RECORDS TO USE START
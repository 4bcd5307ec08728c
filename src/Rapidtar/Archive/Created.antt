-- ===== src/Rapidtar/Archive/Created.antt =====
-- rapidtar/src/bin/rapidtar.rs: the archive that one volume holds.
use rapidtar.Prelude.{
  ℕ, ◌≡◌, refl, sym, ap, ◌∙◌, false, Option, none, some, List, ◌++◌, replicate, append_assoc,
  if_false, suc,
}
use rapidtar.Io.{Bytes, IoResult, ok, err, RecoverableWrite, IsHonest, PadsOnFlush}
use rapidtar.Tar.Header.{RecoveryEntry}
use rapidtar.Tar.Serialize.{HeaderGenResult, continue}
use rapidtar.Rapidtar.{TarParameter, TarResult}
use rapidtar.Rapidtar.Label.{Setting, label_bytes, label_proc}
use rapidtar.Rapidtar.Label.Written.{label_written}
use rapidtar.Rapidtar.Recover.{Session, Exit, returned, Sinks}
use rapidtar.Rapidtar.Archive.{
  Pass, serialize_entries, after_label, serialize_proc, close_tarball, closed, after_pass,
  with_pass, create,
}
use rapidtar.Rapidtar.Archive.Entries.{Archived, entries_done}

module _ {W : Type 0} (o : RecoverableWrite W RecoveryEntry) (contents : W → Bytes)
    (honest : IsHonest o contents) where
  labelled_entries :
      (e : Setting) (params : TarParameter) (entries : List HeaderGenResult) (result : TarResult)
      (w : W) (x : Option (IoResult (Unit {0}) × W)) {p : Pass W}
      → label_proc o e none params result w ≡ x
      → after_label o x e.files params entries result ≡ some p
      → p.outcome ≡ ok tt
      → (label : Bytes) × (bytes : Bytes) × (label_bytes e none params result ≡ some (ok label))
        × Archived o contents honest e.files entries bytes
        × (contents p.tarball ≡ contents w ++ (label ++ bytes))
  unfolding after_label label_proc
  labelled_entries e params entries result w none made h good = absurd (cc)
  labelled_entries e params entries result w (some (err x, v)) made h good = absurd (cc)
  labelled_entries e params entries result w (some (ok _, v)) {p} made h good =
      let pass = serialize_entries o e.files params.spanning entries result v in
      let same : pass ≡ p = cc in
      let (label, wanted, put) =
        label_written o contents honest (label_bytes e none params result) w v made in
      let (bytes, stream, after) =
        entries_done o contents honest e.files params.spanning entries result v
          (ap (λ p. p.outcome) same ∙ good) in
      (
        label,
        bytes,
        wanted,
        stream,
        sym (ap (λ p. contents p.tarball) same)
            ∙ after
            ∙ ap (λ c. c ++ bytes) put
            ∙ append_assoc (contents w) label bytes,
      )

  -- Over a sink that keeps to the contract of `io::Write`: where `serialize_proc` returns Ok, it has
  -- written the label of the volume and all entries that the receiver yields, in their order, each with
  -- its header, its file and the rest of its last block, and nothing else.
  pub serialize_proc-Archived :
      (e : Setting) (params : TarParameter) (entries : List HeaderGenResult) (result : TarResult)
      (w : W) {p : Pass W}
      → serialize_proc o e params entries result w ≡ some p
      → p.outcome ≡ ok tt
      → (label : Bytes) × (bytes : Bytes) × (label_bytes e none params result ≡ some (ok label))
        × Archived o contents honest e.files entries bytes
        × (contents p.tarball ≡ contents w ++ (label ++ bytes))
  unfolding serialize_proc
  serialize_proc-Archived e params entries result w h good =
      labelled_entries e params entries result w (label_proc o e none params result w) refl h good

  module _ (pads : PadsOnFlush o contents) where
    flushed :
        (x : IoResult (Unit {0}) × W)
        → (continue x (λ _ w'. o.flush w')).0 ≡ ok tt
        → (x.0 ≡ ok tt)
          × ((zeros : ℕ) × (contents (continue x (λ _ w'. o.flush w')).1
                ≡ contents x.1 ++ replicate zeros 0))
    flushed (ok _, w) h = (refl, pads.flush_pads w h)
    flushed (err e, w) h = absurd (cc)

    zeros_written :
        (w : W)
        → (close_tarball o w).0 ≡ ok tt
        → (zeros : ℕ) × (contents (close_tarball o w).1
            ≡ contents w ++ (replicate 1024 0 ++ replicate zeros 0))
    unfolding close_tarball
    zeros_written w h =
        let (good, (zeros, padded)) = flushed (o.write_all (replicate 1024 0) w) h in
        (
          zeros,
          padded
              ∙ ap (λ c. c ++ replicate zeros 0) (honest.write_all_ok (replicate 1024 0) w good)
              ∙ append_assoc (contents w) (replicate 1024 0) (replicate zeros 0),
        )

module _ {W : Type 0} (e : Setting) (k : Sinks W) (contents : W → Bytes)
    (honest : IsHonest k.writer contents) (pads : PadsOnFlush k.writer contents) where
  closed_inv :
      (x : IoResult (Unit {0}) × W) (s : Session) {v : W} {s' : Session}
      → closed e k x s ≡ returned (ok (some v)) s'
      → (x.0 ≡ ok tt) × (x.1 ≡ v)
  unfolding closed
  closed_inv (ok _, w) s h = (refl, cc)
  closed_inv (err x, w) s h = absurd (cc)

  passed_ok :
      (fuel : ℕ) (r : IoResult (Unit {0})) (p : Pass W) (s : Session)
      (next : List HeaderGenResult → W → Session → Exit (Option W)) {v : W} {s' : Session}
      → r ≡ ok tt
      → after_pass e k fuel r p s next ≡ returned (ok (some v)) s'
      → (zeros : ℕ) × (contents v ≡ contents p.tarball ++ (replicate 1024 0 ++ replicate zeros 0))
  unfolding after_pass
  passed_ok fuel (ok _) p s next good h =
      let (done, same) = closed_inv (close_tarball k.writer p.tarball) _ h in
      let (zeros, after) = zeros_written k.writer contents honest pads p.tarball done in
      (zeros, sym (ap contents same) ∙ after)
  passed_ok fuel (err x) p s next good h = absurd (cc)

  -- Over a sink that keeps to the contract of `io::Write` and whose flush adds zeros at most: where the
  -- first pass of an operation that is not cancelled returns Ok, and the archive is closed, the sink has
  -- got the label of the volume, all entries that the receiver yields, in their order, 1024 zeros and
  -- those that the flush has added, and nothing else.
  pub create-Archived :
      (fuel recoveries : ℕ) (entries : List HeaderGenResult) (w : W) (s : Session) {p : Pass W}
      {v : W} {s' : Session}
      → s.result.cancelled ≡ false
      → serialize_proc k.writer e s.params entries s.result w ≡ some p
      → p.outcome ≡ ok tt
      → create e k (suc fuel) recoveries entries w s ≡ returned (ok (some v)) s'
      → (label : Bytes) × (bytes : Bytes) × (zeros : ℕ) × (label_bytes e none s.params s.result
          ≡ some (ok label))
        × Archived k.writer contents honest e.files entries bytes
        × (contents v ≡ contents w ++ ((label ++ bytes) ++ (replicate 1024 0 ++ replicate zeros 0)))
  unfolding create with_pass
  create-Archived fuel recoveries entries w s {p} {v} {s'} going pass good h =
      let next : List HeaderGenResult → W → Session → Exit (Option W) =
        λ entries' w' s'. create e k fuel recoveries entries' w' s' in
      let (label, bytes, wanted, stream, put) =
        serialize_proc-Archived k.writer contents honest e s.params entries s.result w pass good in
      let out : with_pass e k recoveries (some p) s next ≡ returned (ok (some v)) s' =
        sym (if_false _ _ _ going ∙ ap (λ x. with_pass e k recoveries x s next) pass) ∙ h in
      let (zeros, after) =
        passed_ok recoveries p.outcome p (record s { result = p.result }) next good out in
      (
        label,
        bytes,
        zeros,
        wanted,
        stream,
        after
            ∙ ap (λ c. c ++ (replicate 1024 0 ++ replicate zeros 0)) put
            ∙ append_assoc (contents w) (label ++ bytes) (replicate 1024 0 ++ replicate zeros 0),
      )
RECORDS TO USE END
Considering only lines that hold the word "nothing", work out how many appear in the listing above and give that number only.

2